• What you will do: Quote every line from the top of the listing down to and including the line that contains "(token : String)".

• Records shown:
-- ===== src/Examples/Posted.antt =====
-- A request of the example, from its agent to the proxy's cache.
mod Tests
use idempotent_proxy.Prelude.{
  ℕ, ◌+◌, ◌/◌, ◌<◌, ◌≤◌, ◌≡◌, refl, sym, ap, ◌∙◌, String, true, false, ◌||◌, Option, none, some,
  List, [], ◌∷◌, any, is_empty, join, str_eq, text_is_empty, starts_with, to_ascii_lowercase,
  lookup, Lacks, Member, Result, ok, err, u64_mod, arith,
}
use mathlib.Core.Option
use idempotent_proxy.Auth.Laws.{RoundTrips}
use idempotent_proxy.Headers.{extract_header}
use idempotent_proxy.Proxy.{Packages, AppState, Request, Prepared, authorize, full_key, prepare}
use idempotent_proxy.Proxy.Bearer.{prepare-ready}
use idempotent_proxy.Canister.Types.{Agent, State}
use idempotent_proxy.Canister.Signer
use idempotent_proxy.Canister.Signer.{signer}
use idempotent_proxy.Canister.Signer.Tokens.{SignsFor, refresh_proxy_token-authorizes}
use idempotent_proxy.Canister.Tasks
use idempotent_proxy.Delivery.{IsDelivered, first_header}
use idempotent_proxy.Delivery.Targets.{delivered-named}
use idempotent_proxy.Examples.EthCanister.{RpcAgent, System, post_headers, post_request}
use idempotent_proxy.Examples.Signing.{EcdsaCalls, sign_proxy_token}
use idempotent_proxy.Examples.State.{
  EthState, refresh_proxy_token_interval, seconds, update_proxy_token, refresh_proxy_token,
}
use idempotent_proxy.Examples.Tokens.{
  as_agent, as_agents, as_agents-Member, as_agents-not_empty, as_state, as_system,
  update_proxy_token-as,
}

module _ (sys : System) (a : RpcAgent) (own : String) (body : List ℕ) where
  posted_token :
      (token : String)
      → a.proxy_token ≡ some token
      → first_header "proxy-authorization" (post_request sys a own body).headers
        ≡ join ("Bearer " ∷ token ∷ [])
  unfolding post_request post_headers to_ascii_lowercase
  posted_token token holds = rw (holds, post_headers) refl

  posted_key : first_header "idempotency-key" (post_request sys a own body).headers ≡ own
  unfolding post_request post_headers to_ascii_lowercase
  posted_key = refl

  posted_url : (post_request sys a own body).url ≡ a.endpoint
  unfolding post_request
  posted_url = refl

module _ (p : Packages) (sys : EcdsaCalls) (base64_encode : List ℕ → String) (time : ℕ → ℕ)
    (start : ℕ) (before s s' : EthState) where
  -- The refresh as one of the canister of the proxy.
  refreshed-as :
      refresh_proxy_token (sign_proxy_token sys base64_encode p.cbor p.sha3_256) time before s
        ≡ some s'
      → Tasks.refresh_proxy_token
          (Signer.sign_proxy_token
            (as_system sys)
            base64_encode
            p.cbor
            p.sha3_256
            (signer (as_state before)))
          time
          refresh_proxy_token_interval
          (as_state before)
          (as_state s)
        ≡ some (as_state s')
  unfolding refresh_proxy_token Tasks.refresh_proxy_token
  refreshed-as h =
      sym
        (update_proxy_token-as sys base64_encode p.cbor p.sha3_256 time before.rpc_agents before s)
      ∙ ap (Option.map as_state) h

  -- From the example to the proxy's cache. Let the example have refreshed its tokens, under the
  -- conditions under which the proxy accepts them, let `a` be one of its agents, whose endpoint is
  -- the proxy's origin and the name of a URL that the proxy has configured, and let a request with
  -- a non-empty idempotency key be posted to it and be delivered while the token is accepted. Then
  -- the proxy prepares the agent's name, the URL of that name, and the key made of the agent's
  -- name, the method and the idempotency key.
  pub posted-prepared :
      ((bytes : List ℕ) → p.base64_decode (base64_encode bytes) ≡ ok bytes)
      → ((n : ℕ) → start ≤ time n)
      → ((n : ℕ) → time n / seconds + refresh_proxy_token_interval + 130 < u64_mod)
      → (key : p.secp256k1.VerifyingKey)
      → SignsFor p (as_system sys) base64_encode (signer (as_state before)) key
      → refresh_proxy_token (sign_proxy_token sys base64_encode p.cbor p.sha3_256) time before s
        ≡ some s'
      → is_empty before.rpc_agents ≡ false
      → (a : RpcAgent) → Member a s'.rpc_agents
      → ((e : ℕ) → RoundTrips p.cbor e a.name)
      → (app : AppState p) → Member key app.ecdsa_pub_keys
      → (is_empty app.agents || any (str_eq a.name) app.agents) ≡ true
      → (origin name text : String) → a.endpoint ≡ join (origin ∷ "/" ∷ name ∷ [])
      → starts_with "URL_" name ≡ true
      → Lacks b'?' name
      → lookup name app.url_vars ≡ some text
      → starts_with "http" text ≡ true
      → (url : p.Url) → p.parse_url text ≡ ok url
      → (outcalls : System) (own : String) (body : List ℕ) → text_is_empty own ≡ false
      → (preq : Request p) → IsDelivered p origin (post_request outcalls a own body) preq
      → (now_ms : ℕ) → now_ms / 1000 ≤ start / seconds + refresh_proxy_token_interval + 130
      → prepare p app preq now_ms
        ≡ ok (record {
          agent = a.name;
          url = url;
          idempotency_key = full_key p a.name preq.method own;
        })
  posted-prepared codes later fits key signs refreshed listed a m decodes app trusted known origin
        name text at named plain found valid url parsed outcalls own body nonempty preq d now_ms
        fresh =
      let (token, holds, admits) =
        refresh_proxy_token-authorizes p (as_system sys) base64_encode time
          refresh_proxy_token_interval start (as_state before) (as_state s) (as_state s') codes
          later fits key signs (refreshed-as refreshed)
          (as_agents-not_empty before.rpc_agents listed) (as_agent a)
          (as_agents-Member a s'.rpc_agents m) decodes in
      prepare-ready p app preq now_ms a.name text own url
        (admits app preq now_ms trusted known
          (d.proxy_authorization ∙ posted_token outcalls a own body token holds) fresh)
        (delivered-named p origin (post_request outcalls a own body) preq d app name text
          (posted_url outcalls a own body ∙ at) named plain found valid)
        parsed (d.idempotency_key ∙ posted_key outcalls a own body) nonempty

• Answer to this task:
-- ===== src/Examples/Posted.antt =====
-- A request of the example, from its agent to the proxy's cache.
mod Tests
use idempotent_proxy.Prelude.{
  ℕ, ◌+◌, ◌/◌, ◌<◌, ◌≤◌, ◌≡◌, refl, sym, ap, ◌∙◌, String, true, false, ◌||◌, Option, none, some,
  List, [], ◌∷◌, any, is_empty, join, str_eq, text_is_empty, starts_with, to_ascii_lowercase,
  lookup, Lacks, Member, Result, ok, err, u64_mod, arith,
}
use mathlib.Core.Option
use idempotent_proxy.Auth.Laws.{RoundTrips}
use idempotent_proxy.Headers.{extract_header}
use idempotent_proxy.Proxy.{Packages, AppState, Request, Prepared, authorize, full_key, prepare}
use idempotent_proxy.Proxy.Bearer.{prepare-ready}
use idempotent_proxy.Canister.Types.{Agent, State}
use idempotent_proxy.Canister.Signer
use idempotent_proxy.Canister.Signer.{signer}
use idempotent_proxy.Canister.Signer.Tokens.{SignsFor, refresh_proxy_token-authorizes}
use idempotent_proxy.Canister.Tasks
use idempotent_proxy.Delivery.{IsDelivered, first_header}
use idempotent_proxy.Delivery.Targets.{delivered-named}
use idempotent_proxy.Examples.EthCanister.{RpcAgent, System, post_headers, post_request}
use idempotent_proxy.Examples.Signing.{EcdsaCalls, sign_proxy_token}
use idempotent_proxy.Examples.State.{
  EthState, refresh_proxy_token_interval, seconds, update_proxy_token, refresh_proxy_token,
}
use idempotent_proxy.Examples.Tokens.{
  as_agent, as_agents, as_agents-Member, as_agents-not_empty, as_state, as_system,
  update_proxy_token-as,
}

module _ (sys : System) (a : RpcAgent) (own : String) (body : List ℕ) where
  posted_token :
      (token : String)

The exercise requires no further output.